Problem → Please write out the line containing "mail-valid plain" and each line after it through the end of the data, exactly, and nothing else.

┄┄┄┄┄┄┄┄┄┄

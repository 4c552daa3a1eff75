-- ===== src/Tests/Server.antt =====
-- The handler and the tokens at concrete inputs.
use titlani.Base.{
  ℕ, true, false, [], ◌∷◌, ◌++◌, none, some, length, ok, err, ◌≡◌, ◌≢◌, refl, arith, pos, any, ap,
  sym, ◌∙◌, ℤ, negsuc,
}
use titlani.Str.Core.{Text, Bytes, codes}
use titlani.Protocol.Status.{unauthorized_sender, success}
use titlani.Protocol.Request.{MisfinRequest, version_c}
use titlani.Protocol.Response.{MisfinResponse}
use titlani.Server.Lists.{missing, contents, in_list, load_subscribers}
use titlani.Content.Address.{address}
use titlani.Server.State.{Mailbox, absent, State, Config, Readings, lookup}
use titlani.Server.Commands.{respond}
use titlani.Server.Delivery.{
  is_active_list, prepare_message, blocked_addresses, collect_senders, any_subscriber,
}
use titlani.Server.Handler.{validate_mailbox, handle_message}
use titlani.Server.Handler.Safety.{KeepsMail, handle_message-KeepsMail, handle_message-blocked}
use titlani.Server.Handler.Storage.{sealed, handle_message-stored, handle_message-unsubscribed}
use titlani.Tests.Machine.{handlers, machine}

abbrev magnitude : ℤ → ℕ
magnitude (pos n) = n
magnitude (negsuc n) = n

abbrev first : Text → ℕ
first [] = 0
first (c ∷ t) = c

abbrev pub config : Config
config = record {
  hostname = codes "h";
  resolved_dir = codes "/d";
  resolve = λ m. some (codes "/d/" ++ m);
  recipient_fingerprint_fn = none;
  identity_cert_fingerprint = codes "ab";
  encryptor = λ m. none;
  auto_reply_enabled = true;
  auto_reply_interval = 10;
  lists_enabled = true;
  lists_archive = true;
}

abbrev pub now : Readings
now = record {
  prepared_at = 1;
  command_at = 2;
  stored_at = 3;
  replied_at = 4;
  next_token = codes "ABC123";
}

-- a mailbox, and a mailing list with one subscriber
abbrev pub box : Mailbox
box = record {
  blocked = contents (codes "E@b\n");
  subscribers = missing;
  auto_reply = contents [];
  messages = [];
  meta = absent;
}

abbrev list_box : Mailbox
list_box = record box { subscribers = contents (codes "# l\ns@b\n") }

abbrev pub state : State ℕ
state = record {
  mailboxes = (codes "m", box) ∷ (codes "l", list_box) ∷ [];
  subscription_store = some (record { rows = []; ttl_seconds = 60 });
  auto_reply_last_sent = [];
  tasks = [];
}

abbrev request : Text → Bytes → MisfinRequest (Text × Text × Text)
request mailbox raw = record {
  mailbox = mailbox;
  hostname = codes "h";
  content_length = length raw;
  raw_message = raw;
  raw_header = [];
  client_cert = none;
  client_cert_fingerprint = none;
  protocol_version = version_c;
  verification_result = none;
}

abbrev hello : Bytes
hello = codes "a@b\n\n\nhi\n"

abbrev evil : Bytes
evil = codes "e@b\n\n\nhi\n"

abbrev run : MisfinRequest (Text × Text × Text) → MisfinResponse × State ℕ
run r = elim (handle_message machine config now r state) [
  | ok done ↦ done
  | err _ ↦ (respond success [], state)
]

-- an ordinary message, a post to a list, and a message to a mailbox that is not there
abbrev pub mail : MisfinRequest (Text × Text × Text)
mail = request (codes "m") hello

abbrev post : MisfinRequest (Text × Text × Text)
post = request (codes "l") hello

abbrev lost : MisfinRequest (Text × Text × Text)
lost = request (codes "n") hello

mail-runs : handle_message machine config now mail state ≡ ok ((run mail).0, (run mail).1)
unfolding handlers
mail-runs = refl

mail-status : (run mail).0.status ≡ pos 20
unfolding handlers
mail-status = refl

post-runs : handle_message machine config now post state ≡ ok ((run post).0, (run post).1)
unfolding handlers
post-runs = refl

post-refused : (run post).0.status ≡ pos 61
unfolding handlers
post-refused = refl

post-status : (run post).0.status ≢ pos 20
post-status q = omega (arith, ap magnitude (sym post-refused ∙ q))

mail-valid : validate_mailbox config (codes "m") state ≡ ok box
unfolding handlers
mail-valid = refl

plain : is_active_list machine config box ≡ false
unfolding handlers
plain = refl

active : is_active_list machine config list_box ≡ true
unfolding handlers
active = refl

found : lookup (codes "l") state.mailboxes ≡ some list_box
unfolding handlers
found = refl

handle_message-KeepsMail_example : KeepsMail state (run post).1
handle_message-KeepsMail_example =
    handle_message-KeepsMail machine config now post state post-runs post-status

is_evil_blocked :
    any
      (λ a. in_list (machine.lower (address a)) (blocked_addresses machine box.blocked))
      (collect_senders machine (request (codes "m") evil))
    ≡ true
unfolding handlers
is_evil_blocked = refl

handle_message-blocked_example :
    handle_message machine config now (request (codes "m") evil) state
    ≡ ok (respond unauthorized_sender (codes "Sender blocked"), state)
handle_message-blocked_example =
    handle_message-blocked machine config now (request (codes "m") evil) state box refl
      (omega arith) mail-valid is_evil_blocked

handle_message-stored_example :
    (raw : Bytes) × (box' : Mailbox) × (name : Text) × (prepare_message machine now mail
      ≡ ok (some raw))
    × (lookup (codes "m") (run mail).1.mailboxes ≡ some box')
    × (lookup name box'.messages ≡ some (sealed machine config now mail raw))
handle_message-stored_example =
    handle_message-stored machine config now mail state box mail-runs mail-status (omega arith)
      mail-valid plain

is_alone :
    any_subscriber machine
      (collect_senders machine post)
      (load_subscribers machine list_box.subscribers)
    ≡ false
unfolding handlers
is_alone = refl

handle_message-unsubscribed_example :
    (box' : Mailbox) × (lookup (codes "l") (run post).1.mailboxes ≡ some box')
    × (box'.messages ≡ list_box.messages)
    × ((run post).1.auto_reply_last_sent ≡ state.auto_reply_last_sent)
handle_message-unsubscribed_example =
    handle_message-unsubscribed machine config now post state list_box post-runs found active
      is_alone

┄┄┄┄┄┄┄┄┄┄

Answer space →
      mail-valid plain

is_alone :
    any_subscriber machine
      (collect_senders machine post)
      (load_subscribers machine list_box.subscribers)
    ≡ false
unfolding handlers
is_alone = refl

handle_message-unsubscribed_example :
    (box' : Mailbox) × (lookup (codes "l") (run post).1.mailboxes ≡ some box')
    × (box'.messages ≡ list_box.messages)
    × ((run post).1.auto_reply_last_sent ≡ state.auto_reply_last_sent)
handle_message-unsubscribed_example =
    handle_message-unsubscribed machine config now post state list_box post-runs found active
      is_alone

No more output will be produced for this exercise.